Three-year outcomes from the CRADLE study in de novo pediatric kidney transplant recipients receiving everolimus with reduced tacrolimus and early steroid withdrawal.Tonshoff, B., et al.
American Journal of Transplantation 2020 [record in progress].
This is a three-year follow up study of the CRADLE trial, which was an RCT investigating the safety and efficacy of of everolimus (EVR) + reduced-exposure tacrolimus (rTAC) with early steroid withdrawal at 6 months following transplant in pediatric renal transplant patients. The primary objective of this study was to assess the mid-term outcomes of the EVR + rTAC regimen in this pediatric population.
All participants entered a run-in period in which they were given mycophenolate mofetil (MMF) + standard-exposure TAC (sTAC) as well as corticosteroids. They were subsequently randomized to either switch to EVR + rTAC with early corticosteroid withdrawal at 6-month posttransplant or to continue MMF+sTAC with corticosteroids.
106 randomized kidney transplant recipients.
The primary outcomes were the incidence of composite efficacy failure (death, graft loss or biopsy-proven acute rejection (BPAR)) as well as its individual components, acute rejection (AR), severity and timing of BPAR and antibody-mediated BPAR. The secondary outcomes included statural growth including height, weight and body mass index (BMI), and pubertal development.

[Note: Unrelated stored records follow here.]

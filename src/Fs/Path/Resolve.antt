-- ===== src/Fs/Path/Resolve.antt =====
-- dir_namev against a walk over the entries of the directories.
use weenix_kernel.Base.{
  ℕ, ◌≡◌, refl, sym, ap, ◌∙◌, Option, none, some, List, [], ◌∷◌, if◌then◌else◌, inl, inr,
  Bool-cases, ◌⊎◌, Option-cases,
}
use weenix_kernel.Base.Outcome.{Outcome, Ends}
use weenix_kernel.Fs.Layer.{Kind, Errno, enotdir}
use weenix_kernel.Fs.Calls.{is_directory}
use weenix_kernel.Fs.Names.{
  Name, Names, found, failed, NameOps, Laws, Same, took, gave-Same, took-Same, gave-took-Same,
}
use weenix_kernel.Fs.Path.{is_empty, Res, good, bad, look, step_into, walk, put_prev}

-- From a directory into the entry of a name, which is to be a directory, and on from there.
abbrev pub into : Names → (ℕ → Option ℕ) → Option ℕ → Option ℕ
into s goes none = none
into s goes (some v) = if is_directory (s.kind v) then goes v else none

module _ (ops : NameOps) where
  -- The entry of a name, where the directory has a lookup operation.
  abbrev pub entry : (ℕ → Name → Option ℕ) → ℕ → Name → Option ℕ
  entry links d n = elim (ops.lookup d) [ none ↦ none | some f ↦ links d n ]

  -- Where the components lead from a directory, if all are directories.
  unfoldable pub follow : Names → ℕ → List Name → Option ℕ
  follow s d [] = some d
  follow s d (n ∷ r) =
      let skipped = follow s d r in
      let entered = into s (λ v. follow s v r) (entry s.links d n) in
      if is_empty n then skipped else entered

  module _ (laws : Laws ops) where
    pub look-cases :
        (d : ℕ) (n : Name) (s : Names)
        → ((v : ℕ) × (entry s.links d n ≡ some v) × (look ops d n s ≡ (found v, took v s)))
          ⊎ ((entry s.links d n ≡ none) × ((e : Errno) × (look ops d n s ≡ (failed e, s))))
    unfolding look
    look-cases d n s = elim (Option-cases (ops.lookup d)) [
      | inl e ↦ inr (rw (e, entry) refl, (enotdir, rw (e, look) refl))
      | inr (f, e) ↦ elim (Option-cases (s.links d n)) [
        | inl m ↦
            let (err, is) = laws.lookup-missing d f n s e m in
            inr (rw (e, entry) m, (err, rw (e, look) is))
        | inr (v, m) ↦ inl (v, rw (e, entry) m, rw (e, look) (laws.lookup-entry d f n s v e m))
      ]
    ]

    abbrev pub Followed : Names → Option ℕ → Res ℕ × Names → Type 0
    Followed s o (good v, s') = (o ≡ some v) × Same (took v s) s'
    Followed s o (bad e, s') = (o ≡ none) × Same s s'

    -- The reference that the walk holds between two rounds.
    abbrev Held : Option ℕ → Names → Names → Type 0
    Held none s s' = Same s s'
    Held (some p) s s' = Same (took p s) s'

    put_prev-Same : (p : Option ℕ) (s s' : Names) → Held p s s' → Same s (put_prev ops p s')
    put_prev-Same none s s' h = h
    put_prev-Same (some p) s s' h = rw (laws.vput_lem p s') (gave-Same p s s' h)

    put_prev-took :
        (p : Option ℕ) (v : ℕ) (s s' : Names)
        → Held p s s'
        → Same (took v s) (put_prev ops p (took v s'))
    put_prev-took none v s s' h = took-Same v s s' h
    put_prev-took (some p) v s s' h = rw (laws.vput_lem p (took v s')) (gave-took-Same p v s s' h)

    Held-links : (p : Option ℕ) (s s' : Names) → Held p s s' → s'.links ≡ s.links
    Held-links none s s' h = h.2
    Held-links (some p) s s' h = h.2

    step_into-Followed :
        (rest : ℕ → Names → Outcome (Res ℕ × Names)) (goes : ℕ → Option ℕ) (p : Option ℕ) (cur : ℕ)
        (n : Name) (s s' : Names)
        → Held p s s'
        → ((v : ℕ) (t : Names) → Same (took v s) t → Ends (Followed s (goes v)) (rest v t))
        → Ends
            (Followed s (into s goes (entry s.links cur n)))
            (step_into ops rest p (look ops cur n s'))
    unfolding step_into
    step_into-Followed rest goes p cur n s s' h next =
        let entries = λ (o : Option ℕ) (at : entry s'.links cur n ≡ o).
          ap (λ (l : ℕ → Name → Option ℕ). entry l cur n) (sym (Held-links p s s' h)) ∙ at in
        elim (look-cases cur n s') [
          | inl (v, at, is) ↦
              let t = put_prev ops p (took v s') in
              let same : Same (took v s) t = put_prev-took p v s s' h in
              rw is rw (entries (some v) at) (elim (Bool-cases (is_directory (s.kind v))) [
                | inl d ↦
                    rw d rw (ap (λ (k : ℕ → Kind). is_directory (k v)) same.1 ∙ d) (next v t same)
                | inr d ↦
                    rw d rw (ap (λ (k : ℕ → Kind). is_directory (k v)) same.1 ∙ d) rw
                      (laws.vput_lem v t) (refl, gave-Same v s t same)
              ])
          | inr (at, (e, is)) ↦ rw is rw (entries none at) (refl, put_prev-Same p s s' h)
        ]

    -- The walk behind a component that was found.
    walk-Followed :
        (l : List Name) (cur : ℕ) (s s' : Names)
        → Same (took cur s) s'
        → Ends (Followed s (follow s cur l)) (walk ops l cur (some cur) s')
    unfolding walk follow
    walk-Followed [] cur s s' h = (refl, h)
    walk-Followed (n ∷ r) cur s s' h = elim (Bool-cases (is_empty n)) [
      | inl e ↦ rw e (walk-Followed r cur s s' h)
      | inr e ↦ rw e (
          step_into-Followed (λ v t. walk ops r v (some v) t) (λ v. follow s v r) (some cur) cur n s
            s' h (λ v t same. walk-Followed r v s t same))
    ]

    -- The whole walk, whose first component is not empty.
    pub walk-first :
        (c : ℕ) (n : Name) (l : List Name) (d : ℕ) (s : Names)
        → Ends (Followed s (follow s d ((c ∷ n) ∷ l))) (walk ops ((c ∷ n) ∷ l) d none s)
    unfolding walk follow
    walk-first c n l d s =
        step_into-Followed (λ v t. walk ops l v (some v) t) (λ v. follow s v l) none d (c ∷ n) s s
          ((λ u. refl), refl, refl, refl, refl) (λ v t same. walk-Followed l v s t same)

This is a good quality randomised controlled trial in paediatric renal transplantation (106 patients). Neither patients nor assessors were blinded to the treatment allocation. The early follow up results have previously been published, and showed little difference between the two regimens. This longer term follow up also shows little significant difference between the 2 groups for major events, with similar rates for the composite efficacy outcome (biopsy-proven acute rejection [BPAR], graft loss, or death): 9.8% versus 9.6%. Mean GFR at 36 months, as well as changes in height and weight were similar. However, Everolimus + tacrolimus regimen was associated with significantly higher rates of pyrexia (38.5% vs. 22.2%), nasopharyngitis (30.8% vs. 11.1%), aphthous ulceration (19.2% vs. 1.9%), transplant rejection (19.2% vs. 11.1%), and Epstein-Barr virus (EBV) infection (13.5% vs. 3.7%) than MMF + tacrolimus. Everolimus + tacrolimus was also associated with significantly lower rate of neutropenia (5.8% vs. 20.4%) and cytomegalovirus infections (7.7% vs. 16.7%). Study drug discontinuation was significantly higher in the everolimus + tacrolimus group (25.0% vs. 11.1%), this difference mostly being due to difference in acute rejection rates.